Well, the virus ones are easy to avoid, as I (and others) have repeatedly
pointed out. The others take a much more complete scheme but can be avoided
as well.
Main, Kerry
> From: P. Sture [mailto:paul.stu...@hispeed.ch]
> Sent: July 6, 2007 4:38 AM
> To: Info...@Mvb.Saic.Com
> Subject: Re: Is VMS losing the Financial Sector, also?
>
>
> > The answer, of course, is that a system exposed to a virus or an
> unpatched
> > exploit can get hacked anyway, no matter how competent the
> administrator.
> administrator.
> >
> before the
> implements
> > and distributes a test for it? Then you're up the creek. What
> are the
> > chances of this happening? Obviously, the more viruses and
> serious O/S
> > bugs, the greater the odds.
> >
>
> sometimes quite seriously. This can lead to a certain reticence to
> apply
> patches in a timely fashion.
>
> --
> Paul Sture
Which is why experienced IT shops always test their important
applications with any new patches - especially security ones as it often
translates to access or auditing or authentication type errors.

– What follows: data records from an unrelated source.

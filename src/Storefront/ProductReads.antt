-- ===== src/Storefront/ProductReads.antt =====
-- The reads of the read model (src/modules/storefront/db/product-read-repository.ts), and the queries
-- of one product and of the model's readiness (src/modules/storefront/queries).
use promotion_management_api.Base.{
  ℕ, Bool, true, false, ◌&&◌, Option, none, some, List, [], ◌∷◌, ◌++◌, if◌then◌else◌, ◌==◌,
}
use promotion_management_api.Base.Texts.{Text, codes}
use promotion_management_api.Base.Digits.{to_text}
use promotion_management_api.Base.Result.{Result, ok, err, ◌>>=◌}
use promotion_management_api.Storefront.StoredProduct.{Hash, ProductView, product_view}

-- What a command of Redis answers: a value, or an error with its message.
pub data Reply {ℓ} (A : Type ℓ) : Type ℓ where
  replied : A → Reply A
  failed : (message : Text) → Reply A

-- The commands that the repository sends. A member of a sorted set is a text, and `zrange` has its
-- offset and size behind the flag of an ascending order.
pub record Redis : Type 0 where
  pub exists : Text → Reply ℕ
  pub hgetall : Text → Reply Hash
  pub zrange : Text → Bool → ℕ → ℕ → Reply (List Text)
  pub zcard : Text → Reply ℕ

-- What a read throws: the model is not there, the store refused a key of ours, a stored product does
-- not parse, or the product is not there.
pub data ReadFault : Type 0 where
  unavailable : (message : Text) → ReadFault
  wrong_type : (message : Text) → ReadFault
  unparsed : ReadFault
  product_not_found : ReadFault

abbrev pub all_products : Text
all_products = codes "products:all"

abbrev pub ready_key : Text
ready_key = codes "readmodel:ready"

unfoldable pub product_key : Text → Text
product_key id = codes "product:" ++ id

unfoldable pub category_key : Text → Text
category_key category = codes "category:" ++ category

-- `listKey`
unfoldable pub list_key : Option Text → Text
unfolding category_key
list_key none = all_products
list_key (some category) = category_key category

starts_with : Text → Text → Bool
starts_with [] s = true
starts_with (c ∷ prefix) [] = false
starts_with (c ∷ prefix) (d ∷ s) = c == d && starts_with prefix s

-- `classify`
unfoldable pub classify : (message our_key : Text) → ReadFault
unfolding starts_with
classify message our_key =
    if starts_with (codes "WRONGTYPE") message
    then wrong_type (message ++ codes " at " ++ our_key)
    else unavailable (codes "The read model cannot be reached")

-- `reached`
abbrev pub reached {ℓ} : {A : Type ℓ} → Reply A → (our_key : Text) → Result ReadFault A
reached (replied a) our_key = ok a
reached (failed message) our_key = err (classify message our_key)

-- An empty hash is no key.
unfoldable pub non_empty : Hash → Option Hash
non_empty [] = none
non_empty (f ∷ fields) = some (f ∷ fields)

module _ (redis : Redis) where
  -- `isReady`
  unfoldable pub is_ready : Result ReadFault Bool
  is_ready = do count ← reached (redis.exists ready_key) ready_key; ok (count == 1)

  -- `find`
  unfoldable pub find : Text → Result ReadFault (Option Hash)
  find id = do let key = product_key id; hash ← reached (redis.hgetall key) key; ok (non_empty hash)

  -- `page`
  unfoldable pub page : Option Text → Bool → (offset size : ℕ) → Result ReadFault (List Text)
  page category ascending offset size =
      let key = list_key category in reached (redis.zrange key ascending offset size) key

  -- `count`
  unfoldable pub count : Option Text → Result ReadFault ℕ
  count category = let key = list_key category in reached (redis.zcard key) key

  -- `findAll`: the replies of one pipeline, each under its key.
  unfoldable pub find_all : List Text → Result ReadFault (List (Option Hash))
  find_all [] = ok []
  find_all (id ∷ ids) = do hash ← find id; hashes ← find_all ids; ok (hash ∷ hashes)

  -- `ReadModelReadinessQuery.execute`
  unfoldable pub require_ready : Result ReadFault (Unit {0})
  require_ready = do
    ready ← is_ready
    if ready then ok tt else err (unavailable (codes "The read model is still being built"))

  parsed : Option Hash → Result ReadFault ProductView
  parsed none = err product_not_found
  parsed (some hash) = elim (product_view hash) [ none ↦ err unparsed | some view ↦ ok view ]

  -- `FindProductQuery.execute`
  unfoldable pub find_product : ℕ → Result ReadFault ProductView
  unfolding parsed
  find_product id = do hash ← find (to_text id); parsed hash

This is also why using a platform that has 5-20 security patches
released *each and every* month is such a major impact on normal
QA/Testing and Operations staff. When you have hundreds of systems
(small-medium DC), think of the effort that this entails.
A few examples:
http://www.theregister.co.uk/2006/08/26/linux_update_shocker/
http://tinyurl.com/z9p4d
And in case anyone thinks this is a recent happening, here is article
from 2002:
http://www.eweek.com/article2/0,1759,1513928,00.asp
"More Patches Aren't the Answer"
Key extract (and remember this is from 2002):
" Sorry, but that doesn't cut it. First of all, as the broken patch for
IE illustrates, patches don't always fix things and can often cause new
problems. Using an automated patching tool means you are constantly at
risk of introducing new problems without any chance to do testing before
the patches are applied.
Of course, the other option is to watch alerts and use patch-scanning
tools and update systems yourself. Oh, you have another job that you
need to do? I'm sure you can squeeze it in between the hours you'll
spend finding the right patches, testing them, then deploying them."